Koufax was a power pitcher and threw with a pronounced straight-over-the-top arm action. Most of his velocity came from his strong legs and back, combined with a high leg kick during his wind-up and long forward extension on his release point toward home plate. His unusually large hands also allowed him to put heavy spin on his pitches and control the direction in which they would break.

Reserved and shy by nature, Koufax was a fierce competitor on the mound. He once pushed back on his "gentle competitor" image, saying: "It sure as hell isn't 'gentle', especially playing the game." Though not a headhunter like teammate Don Drysdale, contrary to belief, he did not hesitate to pitch inside or brush back an opponent, once remarking: "The art of pitching is instilling fear."

Throughout his career, Koufax relied heavily on two pitches.
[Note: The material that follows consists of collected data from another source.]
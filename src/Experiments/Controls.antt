-- ===== src/Experiments/Controls.antt =====
-- The rows that assignments and exposures write: whom they may name, and how far apart they are.
use mathlib.Core.Path.{subst}
use retail_segmentation.Prelude.{
  ◌⊎◌, ◌≢◌, ℕ, ◌+◌, ◌≤◌, ◌<◌, ◌≡◌, sym, ap, ◌∙◌, true, false, not, Option, none, some, List, [],
  ◌∷◌, ◌++◌, any, find_first, All, All-append, All-mono, Pairwise, Pairwise-snoc, any-false,
  find_first-append, find_first-append_none, ◌==◌, ◌>>◌, raise_if, if◌then◌else◌, arith, ok,
  ok_injective, Bool-cases, Option-cases, inl, inr,
}
use retail_segmentation.Experiments.Lab.{
  Assigned, Exposure, Group, Lab, customer_already_assigned, unknown_group,
}
use retail_segmentation.Experiments.Assignment.{
  insert_assignments, is_assigned, is_group, with_assignment,
}
use retail_segmentation.Experiments.Exposure.{
  counted, expose_all, exposure_repeat_seconds, insert_exposure, is_recent, is_treated,
}
use retail_segmentation.Experiments.Chains.{after_check, after_raise}

abbrev pub row_of : List Assigned → ℕ → Option Assigned
row_of rows i = find_first (λ (a : Assigned). a.assignment_id == i) rows

abbrev pub in_groups : List Group → Assigned → Option Group
in_groups groups a = find_first (λ (g : Group). g.group_id == a.group_id) groups

-- The assignment of this id stands in a treatment arm.
abbrev pub Treated : List Assigned → List Group → ℕ → Type 0
Treated rows groups i =
    (a : Assigned) × (row_of rows i ≡ some a) × (is_treated (in_groups groups a) ≡ true)

-- `UNIQUE (experiment_id, customer_id)`
abbrev pub Apart : Assigned → Assigned → Type 0
Apart a b = is_assigned b.experiment_id b.customer_id a ≡ false

-- The minute between two exposures of one assignment.
abbrev pub Spaced : Exposure → Exposure → Type 0
Spaced x y =
    (x.assignment_id ≢ y.assignment_id) ⊎ (x.exposed_at + exposure_repeat_seconds ≤ y.exposed_at)

pub record IsSound (lab : Lab) : Type 0 where
  pub fresh : All (λ (a : Assigned). a.assignment_id < lab.next_assignment_id) lab.assignments
  pub keyed :
      All (λ (a : Assigned). row_of lab.assignments a.assignment_id ≡ some a) lab.assignments
  pub once : Pairwise Apart lab.assignments
  pub treated :
      All (λ (x : Exposure). Treated lab.assignments lab.groups x.assignment_id) lab.exposures
  pub spaced : Pairwise Spaced lab.exposures

Treated-more_rows :
    (rows new : List Assigned) (groups : List Group) (i : ℕ)
    → Treated rows groups i
    → Treated (rows ++ new) groups i
Treated-more_rows rows new groups i (a, found, t) =
    (a, find_first-append (λ (b : Assigned). b.assignment_id == i) rows new a found, t)

not_treated : is_treated none ≡ true → ⊥
not_treated h = cc

found_itself : (i : ℕ) (a : Assigned) → (if i == i then some a else none) ≡ some a
found_itself i a = ground arith

pub Treated-more_groups :
    (rows : List Assigned) (groups new : List Group) (i : ℕ)
    → Treated rows groups i
    → Treated rows (groups ++ new) i
Treated-more_groups rows groups new i (a, found, t) = elim (Option-cases (in_groups groups a)) [
  | inl gone ↦ absurd (not_treated (ap is_treated (sym gone) ∙ t))
  | inr (g, there) ↦ (
    a,
    found,
    ap is_treated (
          find_first-append (λ (h : Group). h.group_id == a.group_id) groups new g there
          ∙ sym there)
        ∙ t,
  )
]

with_assignment-IsSound :
    (lab : Lab) (i group customer : ℕ)
    → any (is_assigned i customer) lab.assignments ≡ false
    → IsSound lab
    → IsSound (with_assignment lab i group customer)
with_assignment-IsSound lab i group customer new s =
    let row : Assigned = record {
      assignment_id = lab.next_assignment_id;
      experiment_id = i;
      group_id = group;
      customer_id = customer;
      assigned_at = lab.now;
    } in
    record {
      fresh =
          All-append (λ (a : Assigned). a.assignment_id < lab.next_assignment_id + 1)
            lab.assignments (row ∷ [])
            (All-mono (λ (a : Assigned). a.assignment_id < lab.next_assignment_id) _
              (λ a h. omega arith) lab.assignments s.fresh)
            (omega arith, tt);
      keyed =
          All-append
            (λ (a : Assigned). row_of (lab.assignments ++ row ∷ []) a.assignment_id ≡ some a)
            lab.assignments (row ∷ [])
            (All-mono (λ (a : Assigned). row_of lab.assignments a.assignment_id ≡ some a) _
              (λ a h.
                find_first-append (λ (b : Assigned). b.assignment_id == a.assignment_id)
                  lab.assignments (row ∷ []) a h)
              lab.assignments s.keyed)
            (
              find_first-append_none (λ (b : Assigned). b.assignment_id == lab.next_assignment_id)
                    lab.assignments (row ∷ [])
                    (All-mono (λ (a : Assigned). a.assignment_id < lab.next_assignment_id)
                      (λ (a : Assigned). (a.assignment_id == lab.next_assignment_id) ≡ false)
                      (λ a h. ground arith) lab.assignments s.fresh)
                  ∙ found_itself lab.next_assignment_id row,
              tt,
            );
      once =
          Pairwise-snoc Apart lab.assignments row s.once
            (any-false (is_assigned i customer) lab.assignments new);
      treated =
          All-mono (λ (x : Exposure). Treated lab.assignments lab.groups x.assignment_id)
            (λ (x : Exposure). Treated (lab.assignments ++ row ∷ []) lab.groups x.assignment_id)
            (λ x h. Treated-more_rows lab.assignments (row ∷ []) lab.groups x.assignment_id h)
            lab.exposures s.treated;
      spaced = s.spaced;
    }

pub insert_assignments-IsSound :
    (i : ℕ) (rows : List (ℕ × ℕ)) (lab after : Lab)
    → insert_assignments i rows lab ≡ ok after
    → IsSound lab
    → IsSound after
unfolding insert_assignments
insert_assignments-IsSound i [] lab after h s = subst IsSound (ok_injective h) s
insert_assignments-IsSound i ((group, customer) ∷ rows) lab after h s =
    let (allowed, h1) =
      after_check
        (raise_if (any (is_assigned i customer) lab.assignments) customer_already_assigned
          >> raise_if (not (any (is_group i group) lab.groups)) unknown_group)
        (λ u. insert_assignments i rows (with_assignment lab i group customer)) after h in
    let (new, known_group) =
      after_raise (any (is_assigned i customer) lab.assignments) customer_already_assigned _ tt
        allowed in
    insert_assignments-IsSound i rows (with_assignment lab i group customer) after h1
      (with_assignment-IsSound lab i group customer new s)

not_recent :
    (lab : Lab) (i : ℕ) (x : Exposure)
    → is_recent lab i x ≡ false
    → Spaced x (record { assignment_id = i; exposed_at = lab.now })
not_recent lab i x h = elim (Bool-cases (x.assignment_id == i)) [
  | inl same ↦ inr (ground (arith, same, h))
  | inr other ↦ inl (ground (arith, other))
]

-- One exposure of an assignment that stands in a treatment arm.
pub insert_exposure-IsSound :
    (lab : Lab) (i : ℕ)
    → Treated lab.assignments lab.groups i
    → IsSound lab
    → IsSound (insert_exposure lab i).1
unfolding insert_exposure
insert_exposure-IsSound lab i t s = elim (Bool-cases (any (is_recent lab i) lab.exposures)) [
  | inl recent ↦ rw recent s
  | inr new ↦
      let x : Exposure = record { assignment_id = i; exposed_at = lab.now } in
      rw new (record {
        fresh = s.fresh;
        keyed = s.keyed;
        once = s.once;
        treated =
            All-append (λ (y : Exposure). Treated lab.assignments lab.groups y.assignment_id)
              lab.exposures (x ∷ []) s.treated (t, tt);
        spaced = Pairwise-snoc Spaced lab.exposures x s.spaced (
            All-mono (λ (y : Exposure). is_recent lab i y ≡ false) (λ (y : Exposure). Spaced y x)
              (λ y h. not_recent lab i y h) lab.exposures
              (any-false (is_recent lab i) lab.exposures new));
      })
]

-- The arms do not change on the way.
insert_exposure-Treated :
    (lab : Lab) (i j : ℕ)
    → Treated lab.assignments lab.groups j
    → Treated (insert_exposure lab i).1.assignments (insert_exposure lab i).1.groups j
unfolding insert_exposure
insert_exposure-Treated lab i j t = elim (Bool-cases (any (is_recent lab i) lab.exposures)) [
  | inl recent ↦ rw recent t
  | inr new ↦ rw new t
]

pub expose_all-IsSound :
    (lab : Lab) (ids : List ℕ) (n : ℕ)
    → All (λ i. Treated lab.assignments lab.groups i) ids
    → IsSound lab
    → IsSound (expose_all lab ids n).1
unfolding expose_all
expose_all-IsSound lab [] n h s = s
expose_all-IsSound lab (i ∷ ids) n h s =
    let after = (insert_exposure lab i).1 in
    expose_all-IsSound after ids (counted (insert_exposure lab i).0 n)
      (All-mono (λ j. Treated lab.assignments lab.groups j)
        (λ j. Treated after.assignments after.groups j) (λ j t. insert_exposure-Treated lab i j t)
        ids h.1)
      (insert_exposure-IsSound lab i h.0 s)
His four-seam fastball gave batters the impression of rising as it approached them, due to heavy backspin he created by pulling on the seams. His overhand curveball, spun with the middle finger, dropped vertically 12 to 24 inches due to his arm action; it is considered by many as being the best curve of all time.

Though he had a changeup, Koufax almost never threw it, eventually replacing it with a forkball which he used more regularly as a third pitch. Shortstop Roy McMillan described its movement as being not unlike that of a spitball. In his final seasons, Koufax also began throwing a cutter to compensate for drop in velocity.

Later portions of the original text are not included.